They jokes
Why are mountains so funny? -- Because they are hill areas.
Why do heterosexual men like to receive an anonymous blowjob at an adult bookstore? Because they don't want gay men and bisexual men in the LGBT community to find out that they also like getting their cocks sucked by men, but they don't want gay and bisexual men in the LGBT community to find out.
Why doesn't China have a cricket team?
They always eat the bat.
Stop hating on pedos; at least they drive slow in a school zone, smh 🤣
Three men are traveling through the desert when their single camel dies. They walk for a while, but then it becomes night. Desperate for shelter, they suddenly stumble across a tent, and inside are three beautiful women. The men were not only lost but horny, too, so they begin to have sex with the women. But the tent belongs to a prince, and these three women were his wives, so he is very angry when he arrives an hour later and sees three strangers having sex with his wives. He tells the three men he will chop off their penises as punishment, in some way relating to their job. He asks the first man what his job is:
The guy says, "I'm a fireman."
The prince says, "Then we'll burn your dick off!"

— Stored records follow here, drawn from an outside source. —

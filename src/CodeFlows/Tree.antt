-- ===== src/CodeFlows/Tree.antt =====
-- application/code_flows.py: which flow continues which other one.
pub mod Laws
pub mod Roots
use systemlens.Prelude.{
  ℕ, Bool, true, false, ◌&&◌, ◌||◌, not, Option, none, some, List, [], ◌∷◌, ◌++◌, if◌then◌else◌,
  ◌==◌, filter, map, contains, dedup, ltb, nat_beq, Eq, pair_eq,
}
use systemlens.Prelude.Dict.{Dict, get, put, push, group, values}
use systemlens.Text.{Text, text_eq, codes}
use systemlens.Text.Order.{sort, text_leb}
use systemlens.Models.{MessageEndpoint, produce, consume, serve, call}
use systemlens.CodeFlows.{CodeFlow, CodeFlowStep}
use systemlens.CodeFlows.Internal.{EndpointsById}

-- endpoints.get(endpoint_id or "")
unfoldable pub endpoint_or_none : EndpointsById → Option Text → Option MessageEndpoint
endpoint_or_none d none = get d []
endpoint_or_none d (some id) = get d id

unfoldable pub is_entry : CodeFlowStep → Bool
is_entry s = s.kind == codes "http_entry" || s.kind == codes "message_entry"

abbrev pub FlowIndex : Type 0
FlowIndex = Dict (Text × Text) (List CodeFlow)

-- The endpoint at which a flow starts, for a flow that starts at one.
unfoldable pub entry_endpoint : EndpointsById → List CodeFlowStep → Option MessageEndpoint
unfolding is_entry endpoint_or_none
entry_endpoint d [] = none
entry_endpoint d (s ∷ steps) = if is_entry s then endpoint_or_none d s.endpoint_id else none

unfoldable pub build_flow_index : EndpointsById → FlowIndex → List CodeFlow → FlowIndex
unfolding entry_endpoint
build_flow_index d index [] = index
build_flow_index d index (flow ∷ flows) =
    build_flow_index d
      (elim (entry_endpoint d flow.steps) [
        | none ↦ index
        | some e ↦ push index (e.system, e.topic) flow
      ])
      flows

unfoldable pub is_output_step : CodeFlowStep → Bool
is_output_step s = s.kind == codes "http_call" || s.kind == codes "message_publish"

-- The ids of the output steps; an empty id is none.
unfoldable pub output_ids : List CodeFlowStep → List Text
unfolding is_output_step
output_ids [] = []
output_ids (s ∷ steps) =
    let rest = output_ids steps in
    elim s.endpoint_id [
      | none ↦ rest
      | some [] ↦ rest
      | some (c ∷ t) ↦ if is_output_step s then (c ∷ t) ∷ rest else rest
    ]

present : EndpointsById → List Text → List MessageEndpoint
present d [] = []
present d (id ∷ ids) =
    let rest = present d ids in elim (get d id) [ none ↦ rest | some e ↦ e ∷ rest ]

unfoldable pub output_endpoints : EndpointsById → CodeFlow → List MessageEndpoint
unfolding output_ids present
output_endpoints d flow = present d (dedup (output_ids flow.steps))

-- {"call": "serve", "produce": "consume"}[role]; an output has one of these two roles.
unfoldable pub target_role : Text → Text
target_role role = if role == call then serve else consume

has_role : Text → Option MessageEndpoint → Bool
has_role role none = false
has_role role (some e) = e.role == role

unfoldable pub starts_at : EndpointsById → Text → List CodeFlowStep → Bool
unfolding endpoint_or_none has_role
starts_at d role [] = false
starts_at d role (s ∷ steps) = has_role role (endpoint_or_none d s.endpoint_id)

unfoldable pub continues : EndpointsById → CodeFlow → MessageEndpoint → CodeFlow → Bool
unfolding starts_at target_role
continues d flow output candidate =
    not (candidate.id == flow.id) && starts_at d (target_role output.role) candidate.steps

-- children_by_id[candidate.id] = candidate
keep_children : Dict Text CodeFlow → List CodeFlow → Dict Text CodeFlow
keep_children children [] = children
keep_children children (c ∷ cs) = keep_children (put children c.id c) cs

unfoldable pub candidates_of :
    EndpointsById → FlowIndex → CodeFlow → List MessageEndpoint → List CodeFlow
unfolding continues
candidates_of d index flow [] = []
candidates_of d index flow (output ∷ outputs) =
    filter (continues d flow output) (group index (output.system, output.topic))
    ++ candidates_of d index flow outputs

-- key=lambda item: (item.module, item.path, item.start_line, item.id)
unfoldable pub flow_leb : CodeFlow → CodeFlow → Bool
flow_leb a b =
    if a.in_module == b.in_module
    then if a.path == b.path
      then if nat_beq a.start_line b.start_line
        then text_leb a.id b.id
        else ltb a.start_line b.start_line
      else text_leb a.path b.path
    else text_leb a.in_module b.in_module

unfoldable pub flow_children : EndpointsById → FlowIndex → CodeFlow → List CodeFlow
unfolding output_endpoints candidates_of keep_children flow_leb
flow_children d index flow =
    sort flow_leb (values (keep_children [] (candidates_of d index flow (output_endpoints d flow))))

incoming : EndpointsById → FlowIndex → List CodeFlow → List Text
unfolding flow_children
incoming d index [] = []
incoming d index (flow ∷ flows) =
    map (λ c. c.id) (flow_children d index flow) ++ incoming d index flows

unfoldable pub flow_root_ids : EndpointsById → FlowIndex → List CodeFlow → List Text
unfolding incoming
flow_root_ids d index flows =
    dedup (filter (λ id. not (contains (incoming d index flows) id)) (map (λ f. f.id) flows))
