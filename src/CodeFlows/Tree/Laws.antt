-- ===== src/CodeFlows/Tree/Laws.antt =====
-- Which flows are the children of a flow (application/code_flows.py).
use mathlib.Core.List.Memᴰ
use mathlib.Core.Logic.{⊎_elim}
use systemlens.Prelude.{
  ◌≡◌, ◌≢◌, refl, sym, subst, true, some, List, [], ◌∷◌, ◌==◌, filter, Memᴰ, Memᴰ-filter,
  Bool-cases, Option-cases, inl, inr, ◌⊎◌, arith, pair_eq, ==_iff,
}
use systemlens.Prelude.Dict.{Dict, put, push, group, group-push, values}
use systemlens.Text.{Text, text_eq, text_beq, text_beq_iff}
use systemlens.Text.Order.{Memᴰ-sort}
use systemlens.Models.{MessageEndpoint}
use systemlens.CodeFlows.{CodeFlow}
use systemlens.CodeFlows.Internal.{EndpointsById}
use systemlens.CodeFlows.Tree.{
  FlowIndex, entry_endpoint, build_flow_index, output_endpoints, target_role, starts_at, continues,
  keep_children, candidates_of, flow_leb, flow_children,
}

-- The flow starts at an indexed endpoint of a system and topic.
abbrev pub StartsAt : EndpointsById → Text × Text → CodeFlow → Type 0
StartsAt d key flow =
    (e : MessageEndpoint) × ((entry_endpoint d flow.steps ≡ some e) × ((e.system, e.topic) ≡ key))

Memᴰ-put :
    (d : Dict Text CodeFlow) (k : Text) (v c : CodeFlow)
    → Memᴰ c (values (put d k v))
    → (c ≡ v) ⊎ Memᴰ c (values d)
unfolding put
Memᴰ-put [] k v c m = inl (Memᴰ.eq_of_singleton m)
Memᴰ-put ((j, w) ∷ d) k v c m = elim (Bool-cases (text_beq j k)) [
  | inl t ↦
      ⊎_elim inl (λ n. inr (Memᴰ.tail n))
        (Memᴰ.cases_cons {a = c} {b = v} {l = values d} (rw t at m))
  | inr t ↦
      ⊎_elim (λ q. inr (Memᴰ.head q))
        (λ n. ⊎_elim inl (λ k'. inr (Memᴰ.tail k')) (Memᴰ-put d k v c n))
        (Memᴰ.cases_cons {a = c} {b = w} {l = values (put d k v)} (rw t at m))
]

keep_children-Memᴰ :
    (d : Dict Text CodeFlow) (cs : List CodeFlow) (c : CodeFlow)
    → Memᴰ c (values (keep_children d cs))
    → Memᴰ c (values d) ⊎ Memᴰ c cs
unfolding keep_children
keep_children-Memᴰ d [] c m = inl m
keep_children-Memᴰ d (x ∷ cs) c m =
    ⊎_elim (λ n. ⊎_elim (λ q. inr (Memᴰ.head q)) inl (Memᴰ-put d x.id x c n))
      (λ n. inr (Memᴰ.tail n)) (keep_children-Memᴰ (put d x.id x) cs c m)

index_sound :
    (d : EndpointsById) (index : FlowIndex) (flows : List CodeFlow) (key : Text × Text)
    (c : CodeFlow)
    → Memᴰ c (group (build_flow_index d index flows) key)
    → Memᴰ c (group index key) ⊎ (Memᴰ c flows × StartsAt d key c)
unfolding build_flow_index
index_sound d index [] key c m = inl m
index_sound d index (x ∷ flows) key c m = elim (Option-cases (entry_endpoint d x.steps)) [
  | inl e ↦
      ⊎_elim inl (λ (n, s). inr (Memᴰ.tail n, s))
        (index_sound d index flows key c (rw (e, build_flow_index) at m))
  | inr (p, e) ↦
      let k : Text × Text = (p.system, p.topic) in
      ⊎_elim
        (λ (n : Memᴰ c (group (push index k x) key)). elim (Bool-cases (k == key)) [
          | inl t ↦
              ⊎_elim inl
                (λ one.
                  let same : c ≡ x = Memᴰ.eq_of_singleton one in
                  inr (
                    Memᴰ.head same,
                    subst (StartsAt d key) (sym same) (p, (e, (==_iff k key).0 t)),
                  ))
                (Memᴰ.append_cases (group index key) (rw (group-push index k key x, t) at n))
          | inr t ↦ inl (rw (group-push index k key x, t) at n)
        ])
        (λ (n, s). inr (Memᴰ.tail n, s))
        (index_sound d (push index k x) flows key c (rw (e, build_flow_index) at m))
]

-- What makes a flow a child of another one through one of its outputs.
pub record Continues (d : EndpointsById) (flows : List CodeFlow) (flow child : CodeFlow)
    : Type 0 where
  pub listed : Memᴰ child flows
  pub other : child.id ≢ flow.id
  pub output : MessageEndpoint
  pub is_output : Memᴰ output (output_endpoints d flow)
  pub starts : StartsAt d (output.system, output.topic) child
  pub role : starts_at d (target_role output.role) child.steps ≡ true

candidates_sound :
    (d : EndpointsById) (flows : List CodeFlow) (flow : CodeFlow) (outputs : List MessageEndpoint)
    (c : CodeFlow)
    → Memᴰ c (candidates_of d (build_flow_index d [] flows) flow outputs)
    → ((o : MessageEndpoint) → Memᴰ o outputs → Memᴰ o (output_endpoints d flow))
    → Continues d flows flow c
unfolding candidates_of continues group
candidates_sound d flows flow [] c m h = absurd (Memᴰ.not-nil m)
candidates_sound d flows flow (o ∷ outputs) c m h =
    let index = build_flow_index d [] flows in
    let found = filter (continues d flow o) (group index (o.system, o.topic)) in
    ⊎_elim
      (λ (n : Memᴰ c found).
        let (k, t) = (Memᴰ-filter (continues d flow o) c (group index (o.system, o.topic))).0 n in
        ⊎_elim (λ z. absurd (Memᴰ.not-nil z))
          (λ (l, s). record {
            listed = l;
            other = λ q. ground (arith, (text_beq_iff c.id flow.id).1 q);
            output = o;
            is_output = h o (Memᴰ.head refl);
            starts = s;
            role = ground arith;
          })
          (index_sound d [] flows (o.system, o.topic) c k))
      (λ n. candidates_sound d flows flow outputs c n (λ x k. h x (Memᴰ.tail k)))
      (Memᴰ.append_cases found m)

-- Every child of a flow is another one of the flows that starts at an indexed endpoint of the system
-- and topic of an output of the flow, in the role that answers this output.
pub children_sound :
    (d : EndpointsById) (flows : List CodeFlow) (flow child : CodeFlow)
    → Memᴰ child (flow_children d (build_flow_index d [] flows) flow)
    → Continues d flows flow child
unfolding flow_children
children_sound d flows flow child m =
    let index = build_flow_index d [] flows in
    let found = candidates_of d index flow (output_endpoints d flow) in
    ⊎_elim (λ z. absurd (Memᴰ.not-nil z))
      (λ n. candidates_sound d flows flow (output_endpoints d flow) child n (λ o k. k))
      (keep_children-Memᴰ [] found child
        ((Memᴰ-sort flow_leb child (values (keep_children [] found))).0 m))
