-- ===== src/CodeFlows/Tree/Roots.antt =====
-- Which flows are roots (application/code_flows.py): those that continue no flow.
use mathlib.Core.List.Memᴰ
use systemlens.Prelude.{◌≡◌, List, Memᴰ, pair_eq}
use systemlens.Prelude.Dict.{Dict}
use systemlens.Text.{Text, text_eq}
use systemlens.CodeFlows.{CodeFlow}

-- Each flow stands under its id.
abbrev Own : Dict Text CodeFlow → Type 0
Own d = (k : Text) (c : CodeFlow) → Memᴰ (k, c) d → c.id ≡ k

The second guy says, "I'm an employee at the shooting range."
The prince says, "Then we'll shoot your dick off!"
The third guy smiles and says, "I'm a lollipop salesman."
Memes
me when i realized that buildings don't make earth any heavier cuz all the materials were already used on it.
Why are Americans so bad at chess?
They lost 2 towers.
Why can’t orphans say "I’m in the ghetto?" Because they can’t say "I’m in a home."
A boy walks in on his parents having sex. "What are you doing to my mother?!" the boy screams at his father, and runs out of the room.
Soon, the parents hear screams coming from the father's mother's room. They both go running. They see the little boy pumping into his grandmother like anything. "What are you doing to my mother?!" the father screams. "It's not so easy when it's your mother is it?" says the boy.
Why did Beethoven get rid of his chickens?
All they said was, "Bach, Bach, Bach..."
Whenever you're mad, just punch an orphan. What are they gonna do? Tell their parents?
What does Kim Kardashian and the ocean have in common?
They both have plastic in them.
It's funny how teachers are supposed to educate new lives, but only teach certain kids how much they want to commit suicide and how many ways there are.
Why do short people laugh when they run?
Because the grass tickles their balls.
Why don't phones wear glasses? Because they have contacts!
Why is it that if you donate a kidney, people love you? But if you donate five kidneys, they call the police.
Women: “Men used to go to war, now they go to clubs.”
Men: “Women used to fear their nudes getting leaked, now it’s $3.99.”
Ever wondered why Chinese kids don’t believe in Santa?
They made the toys.
Why don't you ever see hippos hiding in trees? Because they are really good at it.
My wife left me for an Indian guy. I know he's going to treat her well, I heard they worship cows.
Today a child asked if I was an angel. I asked why, and he said, "Mommy says that angels have marks on their wrists because they don't want to be in this world."